Despite this impressive growth, the paper points out a concerning trend: transparency and open access are not keeping pace. Documentation quality, such as reporting training emissions, hardware, or even basic parameter counts, has declined. Similarly, the share of models released with permissive open-source licenses and downloadable weights has plummeted since 2019, with roughly half of new models being either fully closed or ambiguous in their usage rights. Geographically, model production remains concentrated, with the United States, China, and the United Kingdom being the primary contributors, while large regions like Africa and South America are largely absent.
The Centralizing Force of Benchmarks
In contrast to the decentralizing nature of model production, the evaluation landscape shows a different pattern: centralization. Benchmarks, which serve as common yardsticks for assessing LLMs, have also seen a rapid increase in number and diversity since 2021. These benchmarks now cover a wide array of capabilities, from core language understanding to safety and multimodal tasks. Author participation in benchmark creation has also accelerated, with the cumulative count of unique authors climbing past 1,800 by early 2025.
However, despite this broad participation, the influence of these benchmarks is highly concentrated. The study introduces a “benchmark authority score” that integrates scholarly citations and developer engagement (GitHub stars). It found that the top three institutions alone account for nearly half of all benchmark authority, and the top ten organizations hold over 60%. This concentration is significantly higher than that observed in model production. For instance, the most prolific model producer accounts for about 17% of all models, while the top benchmark contributor holds approximately 31% of benchmark authority. This suggests that while many contribute to creating benchmarks, a select few institutions and countries effectively set the standards for evaluation.

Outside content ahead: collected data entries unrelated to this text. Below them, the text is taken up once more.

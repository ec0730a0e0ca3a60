-- ===== src/Authz/Hierarchy/Totality.antt =====
-- When Hierarchy.Chain succeeds, and what its failures are: the fuel of the loop never runs out.
use go_core.Prelude.{
  ℕ, suc, zero, ◌<◌, String, ◌≡◌, ◌⊎◌, inl, inr, Bool, true, false, ◌&&◌, List, [], ◌∷◌, ◌==◌,
  string_eq, length, arith, Bool-cases, some, Option-cases, ==_ne, get_elem_bound, get_elem_below,
}
use go_core.Authz.Errors.{Result, ok, fault, Error, invalid_scope, is_error, Result-cases}
use go_core.Authz.Types.{Scope, scope_eq}
use go_core.Authz.Hierarchy.{
  Hierarchy, root_level, is_root, depth_of, check, check_all, next_scope, ancestors, chain,
  ask_parent, find_level, level_above,
}
use go_core.Authz.Hierarchy.Valid.{IsValid}
use go_core.Authz.Hierarchy.Chains.{next_scope_sound, level_above_position, root_depth}

-- A failure that the program means: an invalid scope, or the resolver's own error.
abbrev pub Explained : (Scope → Result Scope) → Error → Type 0
Explained parent e = (is_error e invalid_scope ≡ true) ⊎ ((t : Scope) × (parent t ≡ fault e))

module _ (h : Hierarchy) (v : IsValid h) where
  check_explained : (s : Scope) {e : Error} → check h s ≡ fault e → is_error e invalid_scope ≡ true
  unfolding check
  check_explained s p = ground arith

  check_all_explained :
      (ss : List Scope) {e : Error} → check_all h ss ≡ fault e → is_error e invalid_scope ≡ true
  unfolding check_all
  check_all_explained [] p = absurd (ground arith)
  check_all_explained (s ∷ ss) {e} p = elim (Result-cases (check h s)) [
    | inr (e', invalid) ↦ check_explained s {e = e} (ground arith)
    | inl (unit, valid) ↦ check_all_explained ss {e = e} (ground arith)
  ]

  check_position : (s : Scope) → check h s ≡ ok tt → (d : ℕ) × (depth_of h s.level ≡ some d)
  unfolding check
  check_position s p = elim (Option-cases (depth_of h s.level)) [
    | inl unknown ↦ absurd (ground arith)
    | inr (d, at) ↦ (d, at)
  ]

  -- Below the root there is a level above.
  level_above_exists :
      (l : String) (d : ℕ) → depth_of h l ≡ some (suc d) → (up : String) × (level_above h l ≡ ok up)
  unfolding level_above
  level_above_exists l d at =
      let here = v.positions l (suc d) at in
      let bound = get_elem_bound h.levels (suc d) here in
      let (up, found) = get_elem_below h.levels d (omega arith) in (up, ground arith)

  -- A valid scope that is not at the root level has a level above it.
  above_exists :
      (s : Scope) (d : ℕ)
      → depth_of h s.level ≡ some d
      → is_root h s ≡ false
      → (up : String) × (level_above h s.level ≡ ok up)
  above_exists s zero at below =
      let here = v.positions s.level 0 at in
      let top = v.positions (root_level h) 0 (root_depth h v) in
      let same : s.level ≡ root_level h = ground arith in
      absurd (==_ne s.level (root_level h) below same)
  above_exists s (suc d) at below = level_above_exists s.level d at

  module _ (parent : Scope → Result Scope) (known : List Scope)
      (vetted : check_all h known ≡ ok tt) where
    ask_parent-Explained :
        (cur : Scope) (want : String) {e : Error}
        → ask_parent h parent known cur want ≡ fault e
        → Explained parent e
    unfolding ask_parent
    ask_parent-Explained cur want {e} p = elim (Result-cases (parent cur)) [
      | inr (e', failed) ↦ inr (cur, ground arith)
      | inl (next, answered) ↦ inl (ground (arith, check_explained next {e = e}))
    ]

    next_scope-Explained :
        (cur : Scope) (b : Bool) {up : String} {e : Error}
        → level_above h cur.level ≡ ok up
        → next_scope h parent known cur b ≡ fault e
        → Explained parent e
    unfolding next_scope
    next_scope-Explained cur b {up} {e} above p = elim (Option-cases (find_level known up)) [
      | inr (s, found) ↦ absurd (ground arith)
      | inl unknown ↦ elim (Bool-cases (b && up == root_level h)) [
        | inl at_root ↦ absurd (ground arith)
        | inr below ↦ ask_parent-Explained cur up {e = e} (ground arith)
      ]
    ]

    -- The next scope lies one position up.
    next_position :
        (cur : Scope) (b : Bool) (d : ℕ) {step : Scope × Bool}
        → depth_of h cur.level ≡ some d
        → next_scope h parent known cur b ≡ ok step
        → (d' : ℕ) × (d ≡ suc d') × (depth_of h step.0.level ≡ some d')
    next_position cur b d {step} at went =
        let (above, _) = next_scope_sound h v parent known vetted cur b went in
        let (d', lower, found) = level_above_position h v cur.level step.0.level d above at in
        (d', lower, v.complete step.0.level d' found)

    -- After a successful round below the root, a failure is the rest's.
    rest_failed :
        (fuel : ℕ) (cur : Scope) (b : Bool) (step : Scope × Bool) {e : Error}
        → next_scope h parent known cur b ≡ ok step
        → is_root h cur ≡ false
        → ancestors h parent known (suc fuel) cur b ≡ fault e
        → ancestors h parent known fuel step.0 step.1 ≡ fault e
    unfolding ancestors
    rest_failed fuel cur b step went below p =
        elim (Result-cases (ancestors h parent known fuel step.0 step.1)) [
          | inl (c, climbed) ↦ absurd (ground arith)
          | inr (e', failed) ↦ ground arith
        ]

    ancestors-Explained :
        (fuel : ℕ) (cur : Scope) (b : Bool) (d : ℕ) {e : Error}
        → depth_of h cur.level ≡ some d
        → d < fuel
        → ancestors h parent known fuel cur b ≡ fault e
        → Explained parent e
    unfolding ancestors
    ancestors-Explained zero cur b d at lt p = absurd (omega arith)
    ancestors-Explained (suc fuel) cur b d {e} at lt p = elim (Bool-cases (is_root h cur)) [
      | inl at_root ↦ absurd (ground arith)
      | inr below ↦
          let (up, above) = above_exists cur d at below in
          elim (Result-cases (next_scope h parent known cur b)) [
            | inr (e', failed) ↦ next_scope-Explained cur b {up = up} {e = e} above (ground arith)
            | inl (step, went) ↦
                let (d', lower, at') = next_position cur b d at went in
                ancestors-Explained fuel step.0 step.1 d' {e = e} at' (omega arith)
                  (rest_failed fuel cur b step went below p)
          ]
    ]

  -- In a valid hierarchy, whatever makes a chain fail, it is an invalid scope (asked for, known, or
  -- answered by the resolver) or the resolver's own error: the loop never runs out of its fuel or
  -- of the list of levels.
  pub chain-Explained :
      (parent : Scope → Result Scope) (s : Scope) (known : List Scope) {e : Error}
      → chain h parent s known ≡ fault e
      → Explained parent e
  unfolding chain
  chain-Explained parent s known {e} p = elim (Result-cases (check h s)) [
    | inr (e', invalid) ↦ inl (check_explained s {e = e} (ground arith))
    | inl (unit, valid) ↦ elim (Result-cases (check_all h known)) [
      | inr (e', invalid) ↦ inl (check_all_explained known {e = e} (ground arith))
      | inl (unit', vetted) ↦
          let (d, at) = check_position s valid in
          let bound = get_elem_bound h.levels d (v.positions s.level d at) in
          ancestors-Explained parent known vetted (length h.levels) s false d {e = e} at bound
            (ground arith)
    ]
  ]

Coordination Benefits and Trade-offs
This concentration of benchmark influence offers both benefits and trade-offs. On the positive side, widely adopted benchmarks provide shared yardsticks, reducing noise and aiding comparability across different models. They act as a coordination infrastructure, supporting standardization and reproducibility in a rapidly diversifying field. However, this centralization also introduces risks. It can lead to “path dependence,” where research focus is steered towards optimizing for specific, widely used tests, potentially neglecting other important capabilities or failure cases. This can also amplify over-optimization incentives, where models are tuned specifically to perform well on leaderboards, potentially overstating their general capabilities.
The paper also explores mechanisms that influence this concentration through an agent-based simulation. It found that a higher entry rate of new benchmarks significantly reduces concentration, leading to a more pluralistic evaluation field. In contrast, penalizing “over-fit” or stale tests had a much smaller effect on reducing concentration. This suggests that fostering the creation of new, diverse benchmarks is key to a more balanced evaluation ecosystem.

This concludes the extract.